The original guidelines for the use of cicrosporin were proposed by Prof. Yasumasa Ishibashi (Tokyo University) in 1992. These were revised by Dr. Shotaro Harada in 2000, when cicrosporin MEPC (microemulsion preconcentrate) formulation was available in Japan, and then re-revised by Prof. Hidemi Nakagawa et al. in 2004. These PUVA and cicrosporin guidelines are well appreciated because of the efficacious and safe use of these treatments.
Recently, the diagnostic and therapeutic guidelines for generalized pustular psoriasis (GPP) were proposed by Prof. Keishi Iwatsuki (Okayama University) et al. in 2008. These iare the ‘provisional’ guidelines made by the members of the research group of the Ministry of Health, Labour and Welfare in Japan (project leader: Prof. Yasuo Kitajima (Gifu University)). These GPP guidelines are also well appreciated and are undergoing the review process by the expert dermatologists.

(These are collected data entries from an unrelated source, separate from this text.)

-- ===== src/Server/Returns.antt =====
-- The results of a run of the server (server/src/tpmctx.rs) and the buffer of its response.
use tpm_rs.Prelude.{
  ℕ, ◌+◌, ◌^◌, ◌%◌, ◌≤◌, ◌≡◌, ◌≢◌, ◌∙◌, sym, ap, refl, arith, List, [], ◌++◌, length, take, drop,
  length-append, length-take, length-drop, ltb, ◌==◌, if◌then◌else◌, Bool-cases, inl, inr,
}
use tpm_rs.Outcome.{map_err-eq-ok, Outcome, ok, err, panic, map_err, >>=-eq-ok, >>=-ne-panic}
use tpm_rs.Errors.{TpmRcError, command_size, memory}
use tpm_rs.Marshal.Core.{to_be_bytes}
use tpm_rs.Marshal.Bytes.{length-to_be_bytes}
use tpm_rs.Base.Constants.Commands.{TpmCc, tpm_cc_number}
use tpm_rs.Server.Crypto.{
  from_drbg, ServerError, Drbg, EntropySource, Crypto, try_get_random, reseed_if_required,
}
use tpm_rs.Server.Context.{execute_command_separate}
use tpm_rs.Server.Spec.{number_at, requested, header, Served, reject, reply, answer, serve}
use tpm_rs.Server.Responses.{length-fill_error}
use tpm_rs.Server.Requests.{number_at-cases}
use tpm_rs.Server.Refinement.{execute_command_separate-serve}

number_at-ne-panic : (offset w : ℕ) (request : List ℕ) → number_at offset w request ≢ panic
number_at-ne-panic offset w request h = elim (number_at-cases offset w request) [
  | inl failed ↦ cc
  | inr (n, read) ↦ cc
]

requested-ne-panic : (request : List ℕ) → requested request ≢ panic
unfolding requested
requested-ne-panic request =
    >>=-ne-panic (number_at 0 2 request) _ (number_at-ne-panic 0 2 request) λ tag.
      >>=-ne-panic (number_at 2 4 request) _ (number_at-ne-panic 2 4 request) λ size.
        >>=-ne-panic (if size == length request then number_at 6 4 request else err command_size) _
          (elim (Bool-cases (size == length request)) [
            | inl same ↦ rw same (number_at-ne-panic 6 4 request)
            | inr other ↦ rw other (λ e. cc)
          ])
          λ code. elim (Bool-cases (code == tpm_cc_number TpmCc.get_random)) [
            | inl here ↦ rw here (number_at-ne-panic 10 2 request)
            | inr other ↦ rw other (λ e. cc)
          ]

module _ {D S : Type 0} (rng : Drbg D) (source : EntropySource S) (crypto : Crypto D S) where
  answer-returns :
      (n : ℕ) (response : List ℕ)
      → ((buffer : List ℕ)
          → (r : Crypto D S × List ℕ) × (try_get_random rng source crypto buffer ≡ ok r))
      → (r : ℕ × (Crypto D S × List ℕ)) × (answer rng source crypto response n ≡ ok r)
  unfolding answer reply
  answer-returns n response works = elim (Bool-cases (ltb (length response) (10 + n))) [
    | inl short ↦ rw short (_, refl)
    | inr long ↦ let (r, given) = works (take n (drop 10 response)) in rw (long, given) (_, refl)
  ]

  serve-returns :
      (request response : List ℕ)
      → ((buffer : List ℕ)
          → (r : Crypto D S × List ℕ) × (try_get_random rng source crypto buffer ≡ ok r))
      → (m : Outcome TpmRcError ℕ) → m ≢ panic
      → requested request ≡ m
      → (r : ℕ × (Crypto D S × List ℕ)) × (serve rng source crypto response request ≡ ok r)
  unfolding serve
  serve-returns request response works (ok n) h e = rw (serve, e) (answer-returns n response works)
  serve-returns request response works (err x) h e = rw (serve, e) (_, refl)
  serve-returns request response works panic h e = absurd (h refl)

  -- If the generator succeeds on every buffer, every request, well formed or not, and every
  -- buffer for the response give a result: the run does not panic.
  pub execute_command_separate-returns :
      (request response : List ℕ)
      → ((buffer : List ℕ)
          → (r : Crypto D S × List ℕ) × (try_get_random rng source crypto buffer ≡ ok r))
      → (r : ℕ × (Crypto D S × List ℕ)) × (execute_command_separate rng source crypto request
            response
          ≡ ok r)
  execute_command_separate-returns request response works =
      rw (execute_command_separate-serve rng source crypto request response)
        (serve-returns request response works (requested request) (requested-ne-panic request) refl)

-- The buffer keeps its length, and the size lies within it.
IsBounded : {C : Type 0} → List ℕ → Served C → Type 0
IsBounded response (ok (size, (crypto, w))) = (length w ≡ length response) × (size ≤ length w)
IsBounded response (err e) = ⊥
IsBounded response panic = Unit

reject-IsBounded :
    {C : Type 0} (crypto : C) (response : List ℕ) (e : TpmRcError)
    → IsBounded response (reject crypto response e)
unfolding IsBounded
reject-IsBounded crypto response e =
    let (kept, within) = length-fill_error e response in (kept, omega arith)

length-header : (size : ℕ) → length (header size) ≡ 10
length-header size =
    let x = to_be_bytes 2 0x8001 in
    let y = to_be_bytes 4 (size % 2 ^ 32) in
    let z = to_be_bytes 4 0 in
    let lx : length x ≡ 2 = length-to_be_bytes 2 0x8001 in
    let ly : length y ≡ 4 = length-to_be_bytes 4 (size % 2 ^ 32) in
    let lz : length z ≡ 4 = length-to_be_bytes 4 0 in
    omega (arith, length-append x (y ++ z), length-append y z)

reply-IsBounded :
    {C : Type 0} (n : ℕ) (response : List ℕ) (m : Outcome ServerError (C × List ℕ))
    → 10 + n ≤ length response
    → ((c : C) (filled : List ℕ) → m ≡ ok (c, filled) → length filled ≡ n)
    → IsBounded response (reply n response m)
unfolding IsBounded reply
reply-IsBounded n response (ok (c, filled)) room len =
    let kept : length (header (10 + n) ++ (filled ++ drop (10 + n) response)) ≡ length response =
      omega (
        arith,
        len c filled refl,
        length-drop (10 + n) response,
        length-append filled (drop (10 + n) response),
        length-header (10 + n),
        length-append (header (10 + n)) (filled ++ drop (10 + n) response),
      ) in
    (kept, omega arith)
reply-IsBounded n response (err e) room len = tt
reply-IsBounded n response panic room len = tt

module _ {D S : Type 0} (rng : Drbg D) (source : EntropySource S) (crypto : Crypto D S)
    (keeps : (d d' : D) (input buffer filled : List ℕ)
      → rng.fill_bytes d input buffer ≡ ok (d', filled)
      → length filled ≡ length buffer) where
  length-try_get_random :
      (buffer filled : List ℕ) (crypto' : Crypto D S)
      → try_get_random rng source crypto buffer ≡ ok (crypto', filled)
      → length filled ≡ length buffer
  unfolding try_get_random
  length-try_get_random buffer filled crypto' e =
      let (c, seeded, more) =
        >>=-eq-ok
          (reseed_if_required rng source (rng.requires_reseeding crypto.drbg).0
            (rng.requires_reseeding crypto.drbg).1 crypto.entropy)
          _ e in
      let ((d', out), given, done) =
        >>=-eq-ok (map_err from_drbg (rng.fill_bytes c.drbg [] buffer)) _ more in
      let out_eq : out ≡ filled = cc done in
      sym (ap length out_eq) ∙ keeps c.drbg d' [] buffer out (map_err-eq-ok from_drbg _ _ given)

  answer-IsBounded :
      (n : ℕ) (response : List ℕ) → IsBounded response (answer rng source crypto response n)
  unfolding answer
  answer-IsBounded n response = elim (Bool-cases (ltb (length response) (10 + n))) [
    | inl short ↦ rw short (reject-IsBounded crypto response memory)
    | inr long ↦
        let room : 10 + n ≤ length response = ground arith in
        let behind = length-drop 10 response in
        rw long (
          reply-IsBounded n response (try_get_random rng source crypto (take n (drop 10 response)))
            room
            λ c filled given.
              length-try_get_random (take n (drop 10 response)) filled c given
              ∙ length-take n (drop 10 response) (omega arith))
  ]

  serve-IsBounded :
      (request response : List ℕ) (m : Outcome TpmRcError ℕ)
      → requested request ≡ m
      → IsBounded response (serve rng source crypto response request)
  unfolding serve
  serve-IsBounded request response (ok n) e = rw (serve, e) (answer-IsBounded n response)
  serve-IsBounded request response (err x) e = rw (serve, e) (reject-IsBounded crypto response x)
  serve-IsBounded request response panic e = rw (serve, e) (unfold IsBounded in tt)

  -- If the generator keeps the length of the slice that it fills, a run that returns keeps the
  -- length of the buffer of the response, and the size that it returns is at most that length.
  pub execute_command_separate-bounded :
      (request response w : List ℕ) (size : ℕ) (crypto' : Crypto D S)
      → execute_command_separate rng source crypto request response ≡ ok (size, (crypto', w))
      → (length w ≡ length response) × (size ≤ length w)
  execute_command_separate-bounded request response w size crypto' e =
      let served = sym (execute_command_separate-serve rng source crypto request response) ∙ e in
      unfold IsBounded in rw served at (serve-IsBounded request response (requested request) refl)
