-- ===== src/Examples/Server.antt =====
-- Runs of the command loop of server/src, with a generator that counts.
use tpm_rs.Prelude.{
  ℕ, suc, ◌≤◌, ◌≡◌, refl, arith, List, [], ◌∷◌, ◌++◌, length, take, drop, replicate,
  length-replicate, ltb,
}
use tpm_rs.Outcome.{ok}
use tpm_rs.Errors.{command_size, command_code, memory}
use tpm_rs.Marshal.Core.{to_be_bytes}
use tpm_rs.Server.Crypto.{Drbg, EntropySource, Crypto, try_get_random, reseed_if_required}
use tpm_rs.Server.Context.{fill_error, execute_command_separate, execute_command_in_place}
use tpm_rs.Server.Spec.{header, reject, serve}
use tpm_rs.Server.Requests.{request_of, get_random_request}
use tpm_rs.Server.Refinement.{execute_command_separate-serve, execute_command_in_place-separate}
use tpm_rs.Server.Responses.{
  get_random-answered, get_random-no_room, wrong_size-rejected, other_command-rejected,
  truncated-rejected, fill_error-fits,
}
use tpm_rs.Server.Returns.{execute_command_separate-returns, execute_command_separate-bounded}

-- A generator whose state is the last byte that it gave.
abbrev pub counter : Drbg ℕ
counter = record {
  entropy_default = 0 ∷ 0 ∷ [];
  nonce_default = 0 ∷ [];
  instantiate = λ e n p. ok 6;
  reseed = λ d e a. ok 0;
  next_u32 = λ d a. ok (d, suc d);
  next_u64 = λ d a. ok (d, suc d);
  fill_bytes = λ d a buffer. ok (suc d, replicate (length buffer) (suc d));
  requires_reseeding = λ d. (ltb 200 d, d);
}

abbrev zeros : EntropySource (Unit {0})
zeros = record { instantiate_source = tt; fill_entropy = λ s dest. (dest, s) }

abbrev fresh : Crypto ℕ (Unit {0})
fresh = record { drbg = 6; entropy = tt }

abbrev used : Crypto ℕ (Unit {0})
used = record { drbg = 7; entropy = tt }

-- `TPM2_GetRandom` for two bytes, and a buffer of sixteen.
abbrev two_bytes : List ℕ
two_bytes = get_random_request 0x8001 2 []

abbrev sixteen : List ℕ
sixteen = replicate 16 9

given : try_get_random counter zeros fresh (take 2 (drop 10 sixteen)) ≡ ok (used, 7 ∷ 7 ∷ [])
unfolding try_get_random reseed_if_required
given = refl

separate-serve_example :
    execute_command_separate counter zeros fresh two_bytes sixteen
    ≡ serve counter zeros fresh sixteen two_bytes
separate-serve_example = execute_command_separate-serve counter zeros fresh two_bytes sixteen

in_place-separate_example :
    execute_command_in_place counter zeros fresh (two_bytes ++ replicate 4 0) 12
    ≡ execute_command_separate counter zeros fresh
        (take 12 (two_bytes ++ replicate 4 0))
        (two_bytes ++ replicate 4 0)
in_place-separate_example =
    execute_command_in_place-separate counter zeros fresh (two_bytes ++ replicate 4 0) 12

get_random-answered_example :
    execute_command_separate counter zeros fresh two_bytes sixteen
    ≡ ok (12, (used, header 12 ++ ((7 ∷ 7 ∷ []) ++ drop 12 sixteen)))
get_random-answered_example =
    get_random-answered counter zeros fresh 0x8001 2 [] sixteen (7 ∷ 7 ∷ []) used (omega arith)
      (omega arith) (omega arith) (omega arith) given

get_random-no_room_example :
    execute_command_separate counter zeros fresh (get_random_request 0x8001 7 []) sixteen
    ≡ reject fresh sixteen memory
get_random-no_room_example =
    get_random-no_room counter zeros fresh 0x8001 7 [] sixteen (omega arith) (omega arith)
      (omega arith) (omega arith)

wrong_size-rejected_example :
    execute_command_separate counter zeros fresh (request_of 0x8001 13 0x17B (0 ∷ 2 ∷ [])) sixteen
    ≡ reject fresh sixteen command_size
wrong_size-rejected_example =
    wrong_size-rejected counter zeros fresh 0x8001 13 0x17B (0 ∷ 2 ∷ []) sixteen (omega arith)
      (omega arith) (omega arith) (λ e. omega (arith, e))

other_command-rejected_example :
    execute_command_separate counter zeros fresh (request_of 0x8001 12 0x144 (0 ∷ 0 ∷ [])) sixteen
    ≡ reject fresh sixteen command_code
other_command-rejected_example =
    other_command-rejected counter zeros fresh 0x8001 0x144 (0 ∷ 0 ∷ []) sixteen (omega arith)
      (omega arith) (omega arith) (λ e. omega (arith, e))

truncated-rejected_example :
    execute_command_separate counter zeros fresh (0x80 ∷ 1 ∷ 0 ∷ []) sixteen
    ≡ reject fresh sixteen command_size
truncated-rejected_example =
    truncated-rejected counter zeros fresh (0x80 ∷ 1 ∷ 0 ∷ []) sixteen (omega arith)

error_at_six :
    fill_error memory sixteen ≡ (10, take 6 sixteen ++ (to_be_bytes 4 0x904 ++ drop 10 sixteen))
error_at_six = fill_error-fits memory sixteen (omega arith)

counter-works :
    (buffer : List ℕ)
    → (r : Crypto ℕ (Unit {0}) × List ℕ) × (try_get_random counter zeros fresh buffer ≡ ok r)
unfolding try_get_random reseed_if_required
counter-works buffer = (_, refl)

separate-returns_example :
    (r : ℕ × (Crypto ℕ (Unit {0}) × List ℕ)) × (execute_command_separate counter zeros fresh
        two_bytes sixteen
      ≡ ok r)
separate-returns_example =
    execute_command_separate-returns counter zeros fresh two_bytes sixteen counter-works

counter-keeps :
    (d d' : ℕ) (input buffer filled : List ℕ)
    → counter.fill_bytes d input buffer ≡ ok (d', filled)
    → length filled ≡ length buffer
counter-keeps d d' input buffer filled e =
    let same : replicate (length buffer) (suc d) ≡ filled = cc e in
    rw (← same) (length-replicate (length buffer) (suc d))

separate-bounded_example :
    (length (header 12 ++ ((7 ∷ 7 ∷ []) ++ drop 12 sixteen)) ≡ length sixteen)
    × (12 ≤ length (header 12 ++ ((7 ∷ 7 ∷ []) ++ drop 12 sixteen)))
separate-bounded_example =
    execute_command_separate-bounded counter zeros fresh counter-keeps two_bytes sixteen
      (header 12 ++ ((7 ∷ 7 ∷ []) ++ drop 12 sixteen)) 12 used get_random-answered_example
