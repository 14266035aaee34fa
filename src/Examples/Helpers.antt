-- ===== src/Examples/Helpers.antt =====
-- The helpers for generators of server/src at the generator that counts.
use tpm_rs.Prelude.{ℕ, ◌≡◌, refl, arith, [], ◌∷◌, ◌++◌, take, replicate}
use tpm_rs.Outcome.{ok}
use tpm_rs.Server.Helpers.{to_le_bytes, fill_last_bytes, fill_bytes_via_next, next_u64_via_fill}
use tpm_rs.Server.HelperLaws.{draw, fill_bytes_via_next-draw, next_u64_via_fill-eq}
use tpm_rs.Examples.Server.{counter}

-- Ten bytes take a word of eight and one of four.
ten :
    fill_bytes_via_next counter 6 [] (replicate 10 0)
    ≡ ok (8, to_le_bytes 8 6 ++ take 2 (to_le_bytes 4 7))
unfolding fill_bytes_via_next fill_last_bytes
ten = refl

fill_bytes_via_next-draw_example :
    fill_bytes_via_next counter 6 [] (replicate 10 0) ≡ draw counter (8 ∷ 2 ∷ []) 6 []
fill_bytes_via_next-draw_example = fill_bytes_via_next-draw counter 6 [] (replicate 10 0)

next_u64_via_fill-eq_example :
    (x : ℕ) × (next_u64_via_fill counter 6 [] ≡ ok (x, 7)) × (to_le_bytes 8 x ≡ replicate 8 7)
next_u64_via_fill-eq_example = next_u64_via_fill-eq counter 6 7 [] (replicate 8 7) refl refl (
  omega arith,
  (
    omega arith,
    (omega arith, (omega arith, (omega arith, (omega arith, (omega arith, (omega arith, tt)))))),
  ),
)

4. Usual Treatment of Psoriasis in Japan
In this section only the government-approved treatments covered by the national insurance system are described. (Methotrexate is not officially approved for psoriasis in Japan). The basic treatment for psoriasis is topical therapeutics (various corticosteroids and active vitamin D3). Three active vitamin D3 topical medications are available: tacalcitol, calcipotriol, and maxacalcitol. The topical treatment may be combined with phototherapy (topical PUVA therapy and narrowband UVB therapy). Topical PUVA therapy is much popular than systemic PUVA therapy in Japan, since the original report of topical PUVA by Prof. Nobuyuki Mizuno. Bath PUVA therapy may also be used. The PUVA treatments are performed under the guideline of PUVA by Yoshikawa et al (see above). Narrowband UVB is very popular now because of its simplicity. Systemic retinoid (etretinate) is a relatively weak treatment and so it is combined with topical treatments or with PUVA treatment. Etretinate is very effective for generalized pustular psoriasis. Ciclosporin is used for severe psoriasis cases under the revised guideline by Nakagawa et al (see above). No biologicals for psoriasis are available in Japan at this point in time (Oct. 2008).
Although the incidence of psoriasis is much lower than in Caucasians, the number of cases is steadily increasing in Japan. We believe the Japanese Society for Psoriasis Research should join with International Psoriasis Network so as to exchange the critical and essential information on treatment and care of this chronic inflammatory skin disease, psoriasis.